Every day I take a little white pill—a statin—because I have been told it lowers cholesterol and so reduces the risk of heart attacks and strokes. But what is its effect on me personally? I am almost certain that it causes my low-density cholesterol (LDL) to drop, since I was told it reduced soon after I started taking the tablets. This drop in LDL is a direct, essentially deterministic effect that I can assume is caused by the statin.
But I will never know if this daily ritual does me any good in the long run; it depends on which of my many possible future lives actually occurs. If I never have a heart attack or a stroke, I will have no idea whether I would have never had one even if I had not taken the tablets, and all this pill-popping for years was a waste of time. If I do have a heart attack or a stroke, I will not know if this event was delayed by taking the statin. All I can ever know is that, on average, it benefits a large group of people like me, and this knowledge is based on large clinical trials.

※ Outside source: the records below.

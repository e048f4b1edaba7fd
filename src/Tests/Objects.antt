-- ===== src/Tests/Objects.antt =====
-- Runs of the in-memory object backend (object/backend/memory/backend.go), and instances of its
-- theorems.
use omnistorage_core.Base.{
  ℕ, ◌≡◌, refl, false, none, some, List, [], ◌∷◌, if◌then◌else◌, ◌==◌, list_eq, nat_eq, ok, err,
  pos,
}
use omnistorage_core.Base.Text.{Text, bytes, has_prefix, text_lt}
use omnistorage_core.Base.Dict
use omnistorage_core.Base.Dict.{NodupKeys}
use omnistorage_core.Base.Sort
use omnistorage_core.Base.Sort.{Ascending}
use omnistorage_core.Object.{Error}
use omnistorage_core.Object.FilePath
use omnistorage_core.Object.FilePath.{validate_path, normalize_path, elements, split, clean}
use omnistorage_core.Object.FilePath.Traversal.{any_dot_dot, validate_path-no_dot_dot}
use omnistorage_core.Object.Memory
use omnistorage_core.Object.Memory.{Object, Backend, Writer, Reader, init, select}
use omnistorage_core.Object.Memory.Contents
use omnistorage_core.Object.Memory.Contents.{write_all, concat, read-write, read_all, read_all_lem}
use omnistorage_core.Object.Memory.Transfers.{at}

program : Unit {0}
unfolding FilePath.split FilePath.join FilePath.contains_text FilePath.trim_slash
    FilePath.is_dot_dot FilePath.is_idle FilePath.clean_part FilePath.clean_parts FilePath.clean
    FilePath.validate_path FilePath.normalize_path Memory.check Memory.new_writer Memory.write
    Memory.close_writer Memory.select Memory.new_reader Memory.read Memory.exists Memory.delete
    Memory.is_listed Memory.list Memory.stat Memory.make_dirs Memory.mkdir Memory.any_under
    Memory.rmdir Memory.transfer Memory.copy Memory.move Memory.size Memory.count Contents.write_all
    Contents.read_all Dict.lookup Dict.insert Dict.erase Dict.retain Dict.keys Sort.sort
    Sort.insert_sorted text_lt has_prefix list_eq nat_eq
program = tt

cleaned : clean (bytes "/a/./b/../../../c//d/") ≡ bytes "/c/d"
unfolding program
cleaned = refl

climbing : validate_path (bytes "a/../../b") ≡ err Error.invalid_path
unfolding program
climbing = refl

abbrev p : Text
p = bytes "a/b"

-- another spelling of it
abbrev q : Text
q = bytes "/a//b"

abbrev file : Object
file = record { content = 1 ∷ 2 ∷ 3 ∷ []; content_type = []; mod_time = 5; is_dir = false }

abbrev folder : Object
folder = Memory.directory 4

abbrev b : Backend
b = record init { objects = (bytes "a", folder) ∷ (p, file) ∷ (bytes "d", folder) ∷ [] }

abbrev w : Writer
w = record { path = p; buffer = []; content_type = []; is_closed = false }

opened : Memory.new_writer none q [] b ≡ ok w
unfolding program
opened = refl

valid_p : validate_path p ≡ ok tt
unfolding program
valid_p = refl

valid_q : validate_path q ≡ ok tt
unfolding program
valid_q = refl

valid_d : validate_path (bytes "d/e") ≡ ok tt
unfolding program
valid_d = refl

same : normalize_path q ≡ normalize_path p
unfolding program
same = refl

abbrev chunks : List (List ℕ)
chunks = (1 ∷ 2 ∷ []) ∷ [] ∷ (3 ∷ []) ∷ []

read-write_example :
    ((Memory.close_writer 9 (write_all chunks w) b).2 ≡ ok tt)
    × (Memory.new_reader none p (pos 1) (pos 5) (Memory.close_writer 9 (write_all chunks w) b).1 ≡ (
        if normalize_path p == normalize_path q
        then ok (record { rest = select (pos 1) (pos 5) (concat chunks); is_closed = false })
        else Memory.new_reader none p (pos 1) (pos 5) b))
read-write_example = read-write 9 q p [] (pos 1) (pos 5) chunks b opened valid_p

abbrev r : Reader
r = record { rest = 1 ∷ 2 ∷ 3 ∷ []; is_closed = false }

validate_path-no_dot_dot_example : any_dot_dot (elements q) ≡ false
validate_path-no_dot_dot_example = validate_path-no_dot_dot q valid_q

copied : (Memory.copy none 9 p (bytes "d/e") b).1 ≡ ok tt
unfolding program
copied = refl

moved : (Memory.move none 9 p (bytes "d/e") b).1 ≡ ok tt
unfolding program
moved = refl

stored : at p b ≡ some file
unfolding program
stored = refl

b-NodupKeys : NodupKeys b.objects
unfolding program
b-NodupKeys = (refl, (refl, (refl, tt)))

The purpose of a clinical trial is to carry out a ‘fair test’ that properly determines causation and estimates the average effect of a new medical treatment, without introducing biases that could give us the wrong idea of its effectiveness. A proper medical trial should ideally obey the following principles:
1. Controls: If we want to investigate the effect of statins on a population, we can’t just give statins to a few people, and then, if they don’t have a heart attack, claim this was due to the pill (regardless of the websites that use this form of anecdotal reasoning to market their products). We need an intervention group, who will be given statins, and a control group who will be given sugar pills or placebos.
2. Allocation of treatment: It is important to compare like with like, so the treatment and comparison groups have to be as similar as possible. The best way to ensure this is by randomly allocating participants to be treated or not, and then seeing what happens to them—this is known as a randomized controlled trial (RCT). Statin trials do this with enough people so that the two groups should be similar in all factors that could otherwise influence the outcome, including—and this is critically important—those factors that we don’t know about. These studies can be huge: in the UK Heart Protection Study carried out in the late 1990s, 20,536 people at raised risk of a heart attack or stroke were randomly allocated to take either 40 mg of simvastatin daily or a dummy tablet.3
3. People should be counted in the groups to which they were allocated: The people allocated to the ‘statin’ group in the Heart Protection Study (HPS) were included in the final analysis even if they did not take their statins. This is known as the ‘intention to treat’ principle, and can seem rather odd. It means that the final estimate of the effect of statins really measures the effect of being prescribed statins rather than actually taking them. In practice, of course, people will be strongly encouraged to take the tablets throughout the study, although after five years in the HPS 18% of those allocated a statin had stopped taking them, while as many as 32% of those initially allocated to a placebo tablet actually started taking statins during the trial. Since these people who switch treatments tend to muddy the difference between the groups, we might expect the apparent effect in an ‘intention-to-treat’ analysis to be less than the effect of actually taking the drug.